------ Dataset records

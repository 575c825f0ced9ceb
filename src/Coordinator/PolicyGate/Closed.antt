-- ===== src/Coordinator/PolicyGate/Closed.antt =====
-- The coordinator fails closed on a stale policy, and never goes back to an older one.
use bacchus.Shared.{
  ℕ, zero, suc, ◌*◌, ◌≤◌, ◌<◌, List, [], ◌∷◌, Bool, true, false, ◌≡◌, refl, Option, none, some,
  Bytes, pos, arith, if◌then◌else◌, Option-cases, inl, inr, Result, ok, err,
}
use bacchus.FloorCache.{Json}
use bacchus.Policy.{Platform, Verifier, Bundle, parse_bundle, verify}
use bacchus.Policy.Document.{Error, Policy, validate, deadline}
use bacchus.Policy.Accept.{verify_iff}
use bacchus.Coordinator.PolicyGate.{
  Gate, Enforcer, Cycle, policy_refresh, policy_backoff_max, age_out, accept_policy, verified,
  parsed, received, refresh_policy_once, refresh_policy_loop, policy_allows_assignment,
  backoff_loop, policy_backoff_for,
}

-- What holds of the enforcer between two cycles: a policy that is held validates, and its sequence is
-- not above the floor.
abbrev pub IsCurrent : Enforcer → Type 0
IsCurrent e = (d : Policy) → e.gate.held ≡ some d → (validate d ≡ ok tt) × (d.seq ≤ e.min_seq)

-- The cases of a cycle: nothing but the gate's ageing, or the install of a verified policy.
module _ (p : Platform) (j : Json) (v : Verifier) (e : Enforcer) (c : Cycle)
    (P : Enforcer × Bool → Type 0) (kept : P (e, false))
    (installed : (raw : Bytes) (d : Policy)
      → validate d ≡ ok tt
      → c.now < deadline d
      → e.min_seq ≤ d.seq
      → P (accept_policy j e c raw d, true)) where
  verified_cases :
      (raw : Bytes) (b : Bundle) (r : Result Error Policy)
      → verify p v b c.now e.min_seq ≡ r
      → P (verified j e c raw r)
  verified_cases raw b (err x) h = kept
  verified_cases raw b (ok d) h =
      let a = (verify_iff p v b c.now e.min_seq d).0 h in
      installed raw d a.valid a.in_time a.not_below

  parsed_cases : (raw : Bytes) (r : Result Error Bundle) → P (parsed p j v e c raw r)
  parsed_cases raw (err x) = kept
  parsed_cases raw (ok b) = verified_cases raw b (verify p v b c.now e.min_seq) refl

  received_cases : (fetched : Option Bytes) → P (received p j v e c fetched)
  received_cases none = kept
  received_cases (some raw) = parsed_cases raw (parse_bundle p raw)

module _ (p : Platform) (j : Json) (v : Verifier) where
  aged-held :
      (now : ℕ) (g : Gate) (d : Policy)
      → (age_out now g).held ≡ some d
      → (g.held ≡ some d) × (now < deadline d)
  unfolding age_out
  aged-held now g d h = ground arith

  refresh-held :
      (e : Enforcer) (c : Cycle) (d : Policy)
      → (refresh_policy_once p j v e c).0.gate.held ≡ some d
      → c.now < deadline d
  unfolding refresh_policy_once
  refresh-held e c d =
      received_cases p j v (record e { gate = age_out c.now e.gate }) c
        (λ out. out.0.gate.held ≡ some d → c.now < deadline d) (λ h. (aged-held c.now e.gate d h).1)
        (λ raw x valid in_time not_below h. ground arith) c.fetched

  -- The coordinator fails closed: if after a cycle, whether or not the fetch worked and whatever was
  -- fetched, a coordinator with signed policy allows an assignment, then it holds a policy whose
  -- expiry and grace are not over at the time of that cycle.
  pub refresh_fails_closed :
      (e : Enforcer) (c : Cycle)
      → let g = (refresh_policy_once p j v e c).0.gate in
        g.configured ≡ true
        → policy_allows_assignment g ≡ true
        → (d : Policy) × (g.held ≡ some d) × (c.now < deadline d)
  unfolding policy_allows_assignment
  refresh_fails_closed e c configured allowed =
      let g = (refresh_policy_once p j v e c).0.gate in
      elim (Option-cases g.held) [
        | inl none_held ↦ ground arith
        | inr (d, held) ↦ (d, held, refresh-held e c d held)
      ]

  refresh-IsCurrent :
      (e : Enforcer) (c : Cycle)
      → IsCurrent e
      → IsCurrent (refresh_policy_once p j v e c).0
        × (e.min_seq ≤ (refresh_policy_once p j v e c).0.min_seq)
  unfolding refresh_policy_once
  refresh-IsCurrent e c current =
      received_cases p j v (record e { gate = age_out c.now e.gate }) c
        (λ out. IsCurrent out.0 × (e.min_seq ≤ out.0.min_seq))
        (λ d h. current d (aged-held c.now e.gate d h).0, omega arith)
        (λ raw x valid in_time not_below. (λ d h. ground arith, ground arith)) c.fetched

  loop-IsCurrent :
      (e : Enforcer) (fails : ℕ) (cs : List Cycle)
      → IsCurrent e
      → let last = (refresh_policy_loop p j v e fails cs).0 in
        IsCurrent last × (e.min_seq ≤ last.min_seq)
  unfolding refresh_policy_loop
  loop-IsCurrent e fails [] current = (current, omega arith)
  loop-IsCurrent e fails (c ∷ cs) current =
      let (here, up) = refresh-IsCurrent e c current in
      let (e', success) = refresh_policy_once p j v e c in
      let (later, up') = loop-IsCurrent e' (if success then 0 else suc fails) cs here in
      (later, omega arith)

  refresh_installs_newer :
      (e : Enforcer) (c : Cycle) (d : Policy)
      → (refresh_policy_once p j v e c).0.gate.held ≡ some d
      → (refresh_policy_once p j v e c).1 ≡ true
      → e.min_seq ≤ d.seq
  unfolding refresh_policy_once
  refresh_installs_newer e c d =
      received_cases p j v (record e { gate = age_out c.now e.gate }) c
        (λ out. out.0.gate.held ≡ some d → out.1 ≡ true → e.min_seq ≤ d.seq) (λ h t. ground arith)
        (λ raw x valid in_time not_below h t. ground arith) c.fetched

  -- No rollback of what is enforced: if a policy is held now, by an enforcer whose floor is at least
  -- its sequence, then after any cycles a cycle that
  -- reports success has installed one with at least its sequence, whatever was fetched meanwhile and
  -- even if the first went stale in between.
  pub refresh_no_rollback :
      (e : Enforcer) (fails : ℕ) (cs : List Cycle) (c : Cycle) (old new : Policy)
      → IsCurrent e
      → e.gate.held ≡ some old
      → (refresh_policy_once p j v (refresh_policy_loop p j v e fails cs).0 c).1 ≡ true
      → (refresh_policy_once p j v (refresh_policy_loop p j v e fails cs).0 c).0.gate.held
        ≡ some new
      → old.seq ≤ new.seq
  refresh_no_rollback e fails cs c old new current held success now_held =
      let e' = (refresh_policy_loop p j v e fails cs).0 in
      omega (
        arith,
        (current old held).1,
        (loop-IsCurrent e fails cs current).1,
        refresh_installs_newer e' c new now_held success,
      )

  -- A cycle that reports failure changes nothing but that it drops a policy gone stale.
  pub refresh_failure_keeps :
      (e : Enforcer) (c : Cycle)
      → (refresh_policy_once p j v e c).1 ≡ false
      → (refresh_policy_once p j v e c).0 ≡ record e { gate = age_out c.now e.gate }
  unfolding refresh_policy_once
  refresh_failure_keeps e c =
      received_cases p j v (record e { gate = age_out c.now e.gate }) c
        (λ out. out.1 ≡ false → out.0 ≡ record e { gate = age_out c.now e.gate }) (λ h. refl)
        (λ raw x valid in_time not_below h. ground arith) c.fetched

backoff_loop_bounds : (left d : ℕ) → d ≤ backoff_loop left d
unfolding backoff_loop
backoff_loop_bounds zero d = omega arith
backoff_loop_bounds (suc left) d = ground (arith, backoff_loop_bounds left (d * 2))

backoff_loop_mono : (left d : ℕ) → backoff_loop left d ≤ backoff_loop (suc left) d
unfolding backoff_loop
backoff_loop_mono zero d = ground arith
backoff_loop_mono (suc left) d = ground (arith, backoff_loop_mono left (d * 2))

-- The wait after consecutive failures is between the refresh period and two minutes, and does not
-- fall with one failure more.
pub policy_backoff_bounds :
    (fails : ℕ)
    → (policy_refresh ≤ policy_backoff_for (pos fails))
      × (policy_backoff_for (pos fails) ≤ policy_backoff_max)
      × (policy_backoff_for (pos fails) ≤ policy_backoff_for (pos (suc fails)))
unfolding policy_backoff_for
policy_backoff_bounds zero =
    let low = backoff_loop_bounds 1 policy_refresh in
    (omega arith, omega arith, ground (arith, low))
policy_backoff_bounds (suc n) =
    let low = backoff_loop_bounds (suc n) policy_refresh in
    let up = backoff_loop_mono (suc n) policy_refresh in
    (ground (arith, low), ground (arith, low), ground (arith, low, up))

------------

Exercise objective: Take the listing above and repeat exactly the lines from the one containing "parsed_cases raw (err x) = kept" through the one containing "received_cases (some raw)", both included.

Written answer:
  parsed_cases raw (err x) = kept
  parsed_cases raw (ok b) = verified_cases raw b (verify p v b c.now e.min_seq) refl

  received_cases : (fetched : Option Bytes) → P (received p j v e c fetched)
  received_cases none = kept
  received_cases (some raw) = parsed_cases raw (parse_bundle p raw)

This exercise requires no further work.